--- Material supplied ---

-- ===== src/Text/SanitizeLaws.antt =====
-- backend/internal/feed/normalize/sanitize.go: what SanitizeHTML lets through.
use afghanistan_news.Base.{
  ℕ, suc, String, Bool, true, false, not, ◌&&◌, ◌||◌, List, [], ◌∷◌, ◌++◌, ◌≡◌, refl, inl, inr,
  str_eq, eq_iff, starts_with, ltb, All, Bool-cases, if◌then◌else◌,
}
use mathlib.Core.Path.{subst}
use afghanistan_news.Base.Keyset.{All-append}
use afghanistan_news.Text.Sanitize.{
  HtmlLib, is_in, allowed_tags, dropped_tags, allowed_attributes, common_attributes, Node, text,
  element, other, Nodes, no_nodes, and_node, Attribute, Piece, plain, open_tag, close_tag,
  safe_value, is_listed, keep_attribute, write_attributes, walk_html, walk_node, sanitize_pieces,
}

-- An attribute that runs no code and loads nothing but from a safe address: no event handler, listed
-- for its tag or for all, a link to a safe URL or within the page, an image of a safe URL.
pub record IsSafeAttribute (l : HtmlLib) (tag : String) (a : Attribute) : Type 0 where
  pub no_handler : starts_with a.key "on" ≡ false
  pub listed : (is_in (allowed_attributes tag) a.key || is_in common_attributes a.key) ≡ true
  pub safe_link :
      str_eq a.key "href" ≡ true → (l.is_safe_url a.value || starts_with a.value "#") ≡ true
  pub safe_source : str_eq a.key "src" ≡ true → l.is_safe_url a.value ≡ true

abbrev pub IsSafe : HtmlLib → Piece → Type 0
IsSafe l (plain t) = Unit
IsSafe l (open_tag name is_void attributes) =
    (is_in allowed_tags name ≡ true)
    × (is_in dropped_tags name ≡ false)
    × All (IsSafeAttribute l name) attributes
IsSafe l (close_tag name) = (is_in allowed_tags name ≡ true) × (is_in dropped_tags name ≡ false)

and_parts : (a b : Bool) → (a && b) ≡ true → (a ≡ true) × (b ≡ true)
and_parts true b h = (refl, h)
and_parts false b h = cc

neither : (a b : Bool) → not (a || b) ≡ true → a ≡ false
neither true b h = cc
neither false b h = refl

link_lem :
    (safe page rooted : Bool)
    → ((safe || page || rooted) && not rooted) ≡ true
    → (safe || page) ≡ true
link_lem true page rooted h = refl
link_lem false true rooted h = refl
link_lem false false true h = cc
link_lem false false false h = cc

safe_value-link :
    (l : HtmlLib) (key value : String)
    → safe_value l key value ≡ true
    → str_eq key "href" ≡ true
    → (l.is_safe_url value || starts_with value "#") ≡ true
unfolding safe_value
safe_value-link l key value h e =
    link_lem (l.is_safe_url value) (starts_with value "#") (starts_with value "/") (rw e at h)

safe_value-source :
    (l : HtmlLib) (key value : String)
    → safe_value l key value ≡ true
    → str_eq key "src" ≡ true
    → l.is_safe_url value ≡ true
unfolding safe_value
safe_value-source l key value h e =
    let same : key ≡ "src" = (eq_iff key "src").0 e in
    subst (λ k. safe_value l k value ≡ true) same h

keep_attribute-IsSafeAttribute :
    (l : HtmlLib) (tag key value : String)
    → keep_attribute l tag key value ≡ true
    → IsSafeAttribute l tag (record { key = key; value = value })
unfolding keep_attribute is_listed
keep_attribute-IsSafeAttribute l tag key value h =
    let first = and_parts _ _ h in
    let second = and_parts (is_listed tag key) (safe_value l key value) first.1 in
    record {
      no_handler = neither _ _ first.0;
      listed = second.0;
      safe_link = λ e. safe_value-link l key value second.1 e;
      safe_source = λ e. safe_value-source l key value second.1 e;
    }

write_attributes-All :
    (l : HtmlLib) (tag : String) (attributes : List (String × String))
    → All (IsSafeAttribute l tag) (write_attributes l tag attributes)
unfolding write_attributes
write_attributes-All l tag [] = tt
write_attributes-All l tag ((raw, value) ∷ rest) =
    elim (Bool-cases (keep_attribute l tag (l.lower raw) value)) [
      | inl e ↦ rw e (
        keep_attribute-IsSafeAttribute l tag (l.lower raw) value e,
        write_attributes-All l tag rest,
      )
      | inr e ↦ rw e (write_attributes-All l tag rest)
    ]

too_deep :
    (l : HtmlLib) (deep : Bool) (inside : List Piece)
    → All (IsSafe l) inside
    → All (IsSafe l) (if deep then [] else inside)
too_deep l true inside h = tt
too_deep l false inside h = h

closed-IsSafe :
    (l : HtmlLib) (name : String) (is_void : Bool) (inside : List Piece)
    → is_in allowed_tags name ≡ true
    → is_in dropped_tags name ≡ false
    → All (IsSafe l) inside
    → All (IsSafe l) (if is_void then [] else inside ++ (close_tag name ∷ []))
closed-IsSafe l name true inside a e h = tt
closed-IsSafe l name false inside a e h =
    All-append (IsSafe l) inside (close_tag name ∷ []) h ((a, e), tt)

-- What is written of an element, by the tests of its name and of the depth.
element-IsSafe :
    (l : HtmlLib) (name : String) (is_void : Bool) (attributes : List (String × String))
    (inside : List Piece)
    → All (IsSafe l) inside
    → All (IsSafe l) (
        if is_in dropped_tags name
        then []
        else if not (is_in allowed_tags name)
        then inside
        else open_tag name is_void (write_attributes l name attributes)
          ∷ (if is_void then [] else inside ++ (close_tag name ∷ [])))
element-IsSafe l name is_void attributes inside h = elim (Bool-cases (is_in dropped_tags name)) [
  | inl e ↦ rw e tt
  | inr e ↦ elim (Bool-cases (is_in allowed_tags name)) [
    | inr a ↦ rw (e, a) h
    | inl a ↦
        rw (e, a)
          (
            (a, e, write_attributes-All l name attributes),
            closed-IsSafe l name is_void inside a e h,
          )
  ]
]

mutual
  unfolding walk_html

  walk_html-IsSafe : (l : HtmlLib) (depth : ℕ) (ns : Nodes) → All (IsSafe l) (walk_html l depth ns)
  walk_html-IsSafe l depth no_nodes = tt
  walk_html-IsSafe l depth (and_node n ns) =
      All-append (IsSafe l) _ _ (walk_node-IsSafe l depth n) (walk_html-IsSafe l depth ns)

  walk_node-IsSafe : (l : HtmlLib) (depth : ℕ) (n : Node) → All (IsSafe l) (walk_node l depth n)
  walk_node-IsSafe l depth (text t) = (tt, tt)
  walk_node-IsSafe l depth other = tt
  walk_node-IsSafe l depth (element raw is_void attributes children) =
      element-IsSafe l (l.lower raw) is_void attributes _
        (too_deep l (ltb 32 (suc depth)) _ (walk_html-IsSafe l (suc depth) children))

-- Every tag that SanitizeHTML writes is on the list of the allowed and not on that of the dropped ones,
-- and every attribute of it is harmless: it is listed, is no event handler, and an address in it is a
-- safe one or stays on the page.
pub sanitize_pieces-IsSafe : (l : HtmlLib) (doc : Nodes) → All (IsSafe l) (sanitize_pieces l doc)
unfolding sanitize_pieces
sanitize_pieces-IsSafe l doc = walk_html-IsSafe l 0 doc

---

▸ **Work required**
Check each line of the records for the string "lower" and copy those that have it.

▸ **Task answer**
    elim (Bool-cases (keep_attribute l tag (l.lower raw) value)) [
        keep_attribute-IsSafeAttribute l tag (l.lower raw) value e,
      element-IsSafe l (l.lower raw) is_void attributes _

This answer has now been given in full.